Couvée longtemps dans des profondeurs inaccessibles à nos regards dédaigneux et distraits, la révolution allemande éclate enfin sur toute l’étendue du territoire, étreignant simultanément tous les problèmes que nous avons tranchés un à un ; mettant aux prises, dans une épouvantable mêlée, race contre race, secte contre secte, classe contre classe, monarchie contre république, féodalité contre communisme.

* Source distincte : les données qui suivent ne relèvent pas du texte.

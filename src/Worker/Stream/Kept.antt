-- ===== src/Worker/Stream/Kept.antt =====
-- What does not disturb the stream of a worker: marking a packet as answered, and everything that
-- leaves the window, the queues and the numbering alone: server/backend/worker.cpp.
use clean_slate_inc.Prelude.{
  ℕ, ◌+◌, ◌%◌, ◌≡◌, ◌≢◌, ◌<◌, ◌⊎◌, add32, inl, inr, refl, sym, ap, ◌∙◌, subst, true, some, List,
  arith, u32_mod,
}
use clean_slate_inc.LoadBalancer.{SubOp}
use clean_slate_inc.QueuePair.{Spsc, QueuePair, front_req}
use clean_slate_inc.QueuePair.History.{Reach}
use clean_slate_inc.Window.{Window, PktState, update}
use clean_slate_inc.Window.Positions.{place, IsRun, IsWindow}
use clean_slate_inc.Packet.{get_psn, get_group_id}
use clean_slate_inc.Worker.Defs.{Worker, Progress}
use clean_slate_inc.Worker.Stream.{lasts, HaveParts, IsNext, InStream}
use clean_slate_inc.Worker.Stream.Lasts.{lasts-acked}

abbrev pub acked_at : (ℕ → PktState) → ℕ → ℕ → PktState
acked_at f i = update f i (record (f i) { acked = true })

acked_at-pkt : (f : ℕ → PktState) (i j : ℕ) → (acked_at f i j).pkt ≡ (f j).pkt
acked_at-pkt f i j = ground arith

acked_at-sub_op : (f : ℕ → PktState) (i j : ℕ) → (acked_at f i j).sub_op ≡ (f j).sub_op
acked_at-sub_op f i j = ground arith

IsRun-acked :
    {group base n to_ack to_send : ℕ} {f : ℕ → PktState} (i : ℕ)
    → IsRun group base n to_ack to_send f
    → IsRun group base n to_ack to_send (acked_at f i)
IsRun-acked {to_ack = to_ack} {f = f} i v = record {
  from_in = v.from_in;
  base_in = v.base_in;
  short = v.short;
  end = v.end;
  psns = λ k lt. ap get_psn (acked_at-pkt f i (place to_ack k)) ∙ v.psns k lt;
  groups = λ k lt. ap get_group_id (acked_at-pkt f i (place to_ack k)) ∙ v.groups k lt;
}

module _ {L F : Type 0} (q : Spsc SubOp) (group : ℕ) where
  -- What the stream depends on besides the window.
  pub record SameQueues (w w' : Worker q.Queue L F) : Type 0 where
    pub qp : w'.qp ≡ w.qp
    pub progress : w'.progress ≡ w.progress
    pub psn_of : w'.psn_of ≡ w.psn_of
    pub current : w'.current_group_id ≡ w.current_group_id

  -- The numbering hangs on the part in hand, the numbers given out and the first request.
  pub IsNext-same :
      {next : ℕ} {w w' : Worker q.Queue L F}
      → w'.progress ≡ w.progress
      → w'.psn_of ≡ w.psn_of
      → front_req q w'.qp ≡ front_req q w.qp
      → IsNext q group next w
      → IsNext q group next w'
  IsNext-same {next} {w} {w'} progress psn_of front v = record {
    next_in = v.next_in;
    idle = λ h. ap (λ (f : ℕ → ℕ). f group) psn_of ∙ v.idle (sub_op ∙ h);
    busy_psn = λ s h.
        ap (λ (p : Progress). add32 p.start_psn p.pkt_sent) progress ∙ v.busy_psn s (sub_op ∙ h);
    busy_left = λ s h.
        ap (λ (f : ℕ → ℕ). f group) psn_of
        ∙ v.busy_left s (sub_op ∙ h)
        ∙ ap (λ (p : Progress). add32 p.start_psn p.pkt_cnt) (sym progress);
    busy_more = λ s h.
        subst (λ (p : Progress). p.pkt_sent < p.pkt_cnt) (sym progress)
          (v.busy_more s (sub_op ∙ h));
    busy_in = λ s h.
        subst (λ (p : Progress). p.pkt_cnt < u32_mod) (sym progress) (v.busy_in s (sub_op ∙ h));
    busy_front = λ s h. front ∙ v.busy_front s (sub_op ∙ h);
  }
    where
      sub_op : w.progress.sub_op ≡ w'.progress.sub_op
      sub_op = ap (λ (p : Progress). p.sub_op) (sym progress)

  -- Other states of the packets, which carry the same numbers and parts.
  InStream-states :
      {n : ℕ} {w w' : Worker q.Queue L F} {made got : List SubOp} (f : ℕ → PktState)
      → InStream q group n w made got
      → SameQueues w w'
      → w'.window ≡ record w.window { state = f }
      → IsRun group w.window.left_psn n w.window.to_ack w.window.to_send f
      → HaveParts f w.window.to_ack n
      → lasts f w.window.to_ack n ≡ lasts w.window.state w.window.to_ack n
      → InStream q group n w' made got
  InStream-states {n} {w} {w'} {made} {got} f v same e run parts ended = record {
    window =
        subst (λ (z : Window F). IsWindow group z n) (sym e)
          (record { run = run; right = v.window.right });
    parts = subst (λ (z : Window F). HaveParts z.state z.to_ack n) (sym e) parts;
    queues =
        subst (λ (z : Window F). Reach q w'.qp made (lasts z.state z.to_ack n) got) (sym e)
          (subst (λ (z : QueuePair q.Queue). Reach q z made (lasts f w.window.to_ack n) got)
            (sym same.qp) (subst (λ l. Reach q w.qp made l got) (sym ended) v.queues));
    next = v.next;
    follows = λ ne. v.follows ne ∙ ap (λ (z : Window F). (z.left_psn + n) % u32_mod) (sym e);
    numbers =
        IsNext-same same.progress same.psn_of
          (ap (λ (z : QueuePair q.Queue). front_req q z) same.qp) v.numbers;
    current = λ c. same.current ∙ v.current (busy c);
  }
    where
      busy :
          (n ≢ 0) ⊎ ((s : SubOp) × (w'.progress.sub_op ≡ some s))
          → (n ≢ 0) ⊎ ((s : SubOp) × (w.progress.sub_op ≡ some s))
      busy (inl ne) = inl ne
      busy (inr (s, h)) = inr (s, ap (λ (p : Progress). p.sub_op) (sym same.progress) ∙ h)

  -- One more packet is answered.
  pub InStream-acked :
      {n : ℕ} {w w' : Worker q.Queue L F} {made got : List SubOp} (i : ℕ)
      → InStream q group n w made got
      → SameQueues w w'
      → w'.window ≡ record w.window { state = acked_at w.window.state i }
      → InStream q group n w' made got
  InStream-acked {n} {w} i v same e =
      InStream-states (acked_at w.window.state i) v same e (IsRun-acked i v.window.run)
        (λ k lt.
          let (s, h) = v.parts k lt in
          (s, acked_at-sub_op w.window.state i (place w.window.to_ack k) ∙ h))
        (lasts-acked n w.window.state w.window.to_ack i v.window.run.from_in)

  -- Nothing changes that matters.
  pub InStream-kept :
      {n : ℕ} {w w' : Worker q.Queue L F} {made got : List SubOp}
      → InStream q group n w made got
      → SameQueues w w'
      → w'.window ≡ w.window
      → InStream q group n w' made got
  InStream-kept {n} {w} v same e = InStream-states w.window.state v same e v.window.run v.parts refl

Vous comprendrez combien, à mes yeux, la lutte est complexe, acharnée, et peu voisine d’une solution, si je vous dis que l’établissement d’une république démocratique et fédératives des États-Unis d’Allemagne peut seul y mettre fin. Jusque-là, et Dieu sait quelles années calamiteuses vont passer auparavant sur les générations vouées au sacrifice, nous verrons les ruines s’entasser sur les ruines, les cadavres sur les cadavres ; le vertige s’emparer de toutes les têtes et précipiter vaincus et vainqueurs dans un commun abîme.

L’unité, telle est la tendance des classes éclairées et le besoin confus des masses en Allemagne, depuis bientôt un quart de siècle.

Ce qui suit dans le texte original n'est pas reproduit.